# Star Struck



## youngdon (Mar 10, 2010)




----------



## Rick Howard (Feb 25, 2012)

Thanks Don. Sometimes living in the city makes me forget what the night sky looks like.... Yosemite just got added to the bucket list.


----------



## Hortontoter (Apr 27, 2012)

Awesome. Makes John Denver's "Rocky Mountain High" well understood. The lyric "raining fire in the sky" is caught beautifully. Thanks for sharing.
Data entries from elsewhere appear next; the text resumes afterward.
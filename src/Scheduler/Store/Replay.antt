-- ===== src/Scheduler/Store/Replay.antt =====
-- state_store.go and scheduler.go: the keys of the store against a table of the last saved workloads.
use persys_cloud.Prelude.{
  String, ◌≡◌, refl, ap, subst, ◌∙◌, true, false, List, [], ◌∷◌, Option, none, some, ok,
  if◌then◌else◌, is_empty, All, put, ◌==◌, eq_iff, inl, inr, Bool-cases,
}
use persys_cloud.Scheduler.Models.{Workload, spec_value, status_value, retry_value}
use persys_cloud.Scheduler.Services.{Formats, Services, Scheduler, Act, pure, ◌>>=◌, ◌>>◌}
use persys_cloud.Scheduler.Mode.{is_writable}
use persys_cloud.Scheduler.Projection.{
  spec_from_workload, stored_status, stored_metadata, status_from_workload,
  workload_of_spec-projections,
}
use persys_cloud.Scheduler.Storage.{workload_managed_volume_specs, should_sync_managed_storage}
use persys_cloud.Scheduler.Store.{
  workload_spec_key, workload_status_key, retry_key, marked_storage, save_workload,
}
use persys_cloud.Scheduler.Store.Keys.{
  status_key-spec_key, retry_key-spec_key, retry_key-status_key, spec_key-inj, status_key-inj,
  spec_key-status_key,
}
use persys_cloud.Scheduler.Store.RoundTrip.{
  Reliable, after_spec, after_status, after_retry, holds_spec, holds_status, save_marked_lem,
  get_workload_by_id-held,
}
use persys_cloud.Scheduler.Store.Reads.{get_workload_by_id}

module _ {F : Type 0} where
  -- The table of the saved workloads at an id, after further ones.
  unfoldable pub last_saved : String → List (Workload F) → Option (Workload F) → Option (Workload F)
  last_saved id [] o = o
  last_saved id (w ∷ ws) o = last_saved id ws (if w.id == id then some w else o)

module _ {F : Type 0} ⦃T : Formats⦄ where
  -- A workload with an id and no managed storage.
  pub record Plain (w : Workload F) : Type 0 where
    pub named : (w.id == "") ≡ false
    pub unmanaged : is_empty (workload_managed_volume_specs w) ≡ true
    pub unsynced : should_sync_managed_storage w ≡ false

module _ {W F : Type 0} ⦃T : Formats⦄ ⦃V : Services W F⦄ where
  unfoldable pub save_all : List (Workload F) → Act W F (Unit {0})
  save_all [] = pure tt
  save_all (w ∷ ws) = save_workload w >> save_all ws

module _ {W F : Type 0} ⦃T : Formats⦄ ⦃V : Services W F⦄ (R : Reliable V) where
  -- The two keys of an id hold the projections of its workload in the table, if it has one.
  abbrev pub Stores : W → String → Option (Workload F) → Type 0
  Stores v id none = Unit
  Stores v id (some w) =
      (w.id ≡ id)
      × (R.holds v (workload_spec_key id) ≡ some (spec_value (spec_from_workload w)))
      × (R.holds v (workload_status_key id)
          ≡ some (status_value (stored_status (status_from_workload w))))

  other_spec :
      (w : Workload F) (v : W) (id : String)
      → (w.id == id) ≡ false
      → R.holds (after_retry R w v) (workload_spec_key id) ≡ R.holds v (workload_spec_key id)
  other_spec w v id h =
      rw
        (
          R.put_holds (retry_key w.id) (retry_value w.retry) (after_status R w v)
              (workload_spec_key id),
          retry_key-spec_key w.id id,
          R.put_holds (workload_status_key w.id)
              (status_value (stored_status (status_from_workload w))) (after_spec R w v)
              (workload_spec_key id),
          status_key-spec_key w.id id,
          R.put_holds (workload_spec_key w.id) (spec_value (spec_from_workload w)) v
              (workload_spec_key id),
          spec_key-inj w.id id h,
        )
        refl

  other_status :
      (w : Workload F) (v : W) (id : String)
      → (w.id == id) ≡ false
      → R.holds (after_retry R w v) (workload_status_key id) ≡ R.holds v (workload_status_key id)
  other_status w v id h =
      rw
        (
          R.put_holds (retry_key w.id) (retry_value w.retry) (after_status R w v)
              (workload_status_key id),
          retry_key-status_key w.id id,
          R.put_holds (workload_status_key w.id)
              (status_value (stored_status (status_from_workload w))) (after_spec R w v)
              (workload_status_key id),
          status_key-inj w.id id h,
          R.put_holds (workload_spec_key w.id) (spec_value (spec_from_workload w)) v
              (workload_status_key id),
          spec_key-status_key w.id id,
        )
        refl

  Stores-other :
      (w : Workload F) (v : W) (id : String) (o : Option (Workload F))
      → (w.id == id) ≡ false
      → Stores v id o
      → Stores (after_retry R w v) id o
  Stores-other w v id none h t = tt
  Stores-other w v id (some u) h t = (t.0, other_spec w v id h ∙ t.1, other_status w v id h ∙ t.2)

  Stores-saved :
      (w : Workload F) (v : W) (id : String) → w.id ≡ id → Stores (after_retry R w v) id (some w)
  Stores-saved w v id e =
      subst (λ i. Stores (after_retry R w v) i (some w)) e
        (refl, holds_spec R w v, holds_status R w v)

  Stores-step :
      (w : Workload F) (v : W) (id : String) (o : Option (Workload F))
      → Stores v id o
      → Stores (after_retry R w v) id (if w.id == id then some w else o)
  Stores-step w v id o t = elim (Bool-cases (w.id == id)) [
    | inl e ↦ rw e (Stores-saved w v id ((eq_iff w.id id).0 e))
    | inr e ↦ rw e (Stores-other w v id o e t)
  ]

  save_workload-Plain :
      (w : Workload F) (s : Scheduler W F)
      → is_writable s ≡ true
      → Plain w
      → save_workload w s ≡ (
        ok tt,
        record s {
          cache_workloads = put w.id w s.cache_workloads;
          world = after_retry R w s.world;
        },
      )
  unfolding save_workload marked_storage
  save_workload-Plain w s h p = rw p.unmanaged (save_marked_lem R w s h p.unsynced)

  save_all-Stores :
      (ws : List (Workload F)) (id : String) (o : Option (Workload F)) (s : Scheduler W F)
      → is_writable s ≡ true
      → All Plain ws
      → Stores s.world id o
      → Stores (save_all ws s).1.world id (last_saved id ws o)
  unfolding save_all last_saved ◌>>=◌ is_writable
  save_all-Stores [] id o s h ps t = t
  save_all-Stores (w ∷ ws) id o s h ps t = rw (save_workload-Plain w s h ps.0) (
      save_all-Stores ws id (if w.id == id then some w else o)
        (record s {
          cache_workloads = put w.id w s.cache_workloads;
          world = after_retry R w s.world;
        })
        h ps.1 (Stores-step w s.world id o t))

  save_all-ok :
      (ws : List (Workload F)) (s : Scheduler W F)
      → is_writable s ≡ true
      → All Plain ws
      → (save_all ws s).0 ≡ ok tt
  unfolding save_all ◌>>=◌ is_writable
  save_all-ok [] s h ps = refl
  save_all-ok (w ∷ ws) s h ps = rw (save_workload-Plain w s h ps.0) (
      save_all-ok ws
        (record s {
          cache_workloads = put w.id w s.cache_workloads;
          world = after_retry R w s.world;
        })
        h ps.1)

  -- What a table entry is read as.
  stored-read :
      (w : Workload F) (id : String) (s : Scheduler W F)
      → (id == "") ≡ false
      → Stores s.world id (some w)
      → (get_workload_by_id id s).0
        ≡ ok (record w {
          created_at = 0;
          managed_volumes = [];
          usage = none;
          metadata = stored_metadata w.metadata;
        })
  stored-read w id s named (e, spec_held, status_held) =
      subst
        (λ i.
          (get_workload_by_id i s).0
          ≡ ok (record w {
            created_at = 0;
            managed_volumes = [];
            usage = none;
            metadata = stored_metadata w.metadata;
          }))
        e
        (get_workload_by_id-held R w s (ap (λ i. i == "") e ∙ named)
            (ap (λ i. R.holds s.world (workload_spec_key i)) e ∙ spec_held)
            (ap (λ i. R.holds s.world (workload_status_key i)) e ∙ status_held)
          ∙ ap ok (workload_of_spec-projections w))

  -- While etcd can be reached, the store behaves as a table from ids to workloads: any sequence of saves of
  -- workloads without managed storage, whatever the store held before, succeeds, and a workload is then
  -- read as the last one that was saved under its id, but for its creation time, its managed volumes and
  -- its usage, which no read restores, and for the ints of its metadata, which JSON gives back as the nearest
  -- float64. Saves under other ids do not matter.
  pub save_all_refines :
      (ws : List (Workload F)) (id : String) (w : Workload F) (s : Scheduler W F)
      → is_writable s ≡ true
      → All Plain ws
      → (id == "") ≡ false
      → last_saved id ws none ≡ some w
      → ((save_all ws s).0 ≡ ok tt)
        × ((get_workload_by_id id (save_all ws s).1).0
            ≡ ok (record w {
              created_at = 0;
              managed_volumes = [];
              usage = none;
              metadata = stored_metadata w.metadata;
            }))
  save_all_refines ws id w s h ps named e = (
    save_all-ok ws s h ps,
    stored-read w id (save_all ws s).1 named
        (subst (λ o. Stores (save_all ws s).1.world id o) e (save_all-Stores ws id none s h ps tt)),
  )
My bucket list is overflowing. May be time for a second bucket.


----------



## Rick Howard (Feb 25, 2012)

Or remove some things from the Bucket! LOL (I am referring to check stuff off the list)


----------



## Antlerz22 (Apr 18, 2011)

That was something on my to do list for awhile now, I have researched different types of telescopes and was wanting a Maksutov Cassegrains style. It also falls in line with I like photography a lot and was wanting to photograph planets as well. An interesting fact of astrophotography that a lot of people dont know is this. You have to have a computerized base to slew the body along with the attached camera, on several axes at the same time--one to compensate for the rotation of the earths axis to match its speed, and the other to match the rotation of the earth in its planetary orbit around the sun. If any of these is even slightly off you get ZIP. It will be a dark photo or at best a blur from one side of the photo to the other. Quite a fascinating hobby and thought I would share some interesting facts as I have researched it tons--I will get one once I retire and will post my photos here eventually. Thanks Don for posting and reminding me of something I had tucked away in my mind


----------



## 220swift (Mar 2, 2011)

Very cool, thanks Don.


----------



## prairiewolf (Feb 19, 2012)

I agree vwery cool video, thanks for posting Don !


----------



## hassell (Feb 9, 2010)

Thanks for sharing, seen a few nights like that camped out high in the Rockies.


----------



## youngdon (Mar 10, 2010)

I find the stars make for some fun nights. i just have a starter scope that the wife bought for me a few years ago(signed by Thomas Bopp/ comet Hale-Bopp ). I'm gonna have to take it to the cabin where it's a lot darker(and there are more stars up there).


----------



## bones44 (Jan 7, 2011)

Love star gazing and would love to see something like that in real life ! Too much light pollution here to appreciate but still do it. That was an amazing video. Thanks for sharing Don.


----------



## sos1inmesa (May 11, 2011)

Cool video! My favorite place to star gaze is at Lake Powell on the Arizona Utah border. They are crazy bright since there really aren't any big cities around.


----------



## youngdon (Mar 10, 2010)

Notice the lights zooming across the video? One can only hope they are commercial air traffic !


----------



## Rick Howard (Feb 25, 2012)

Don you would like my old neighbor... He built his own scope.... (the thing was like 6' long and 14" diameter) He won an award from the Rochester Academy of Science for it. It was cool.


----------



## Rick Howard (Feb 25, 2012)

That is awful! Never even got to use it?


----------



## Rick Howard (Feb 25, 2012)

Yes I know all about living on Ramen Noodle and living in the back of a van..... down by the river. LOL. I know it was a while back but I am sure it still erks ya. I know it would me.


----------



## El Gato Loco (Jan 15, 2010)

Purely awesome! I made a post recently out on our blog about this. So many people are missing out on what our sky has to offer....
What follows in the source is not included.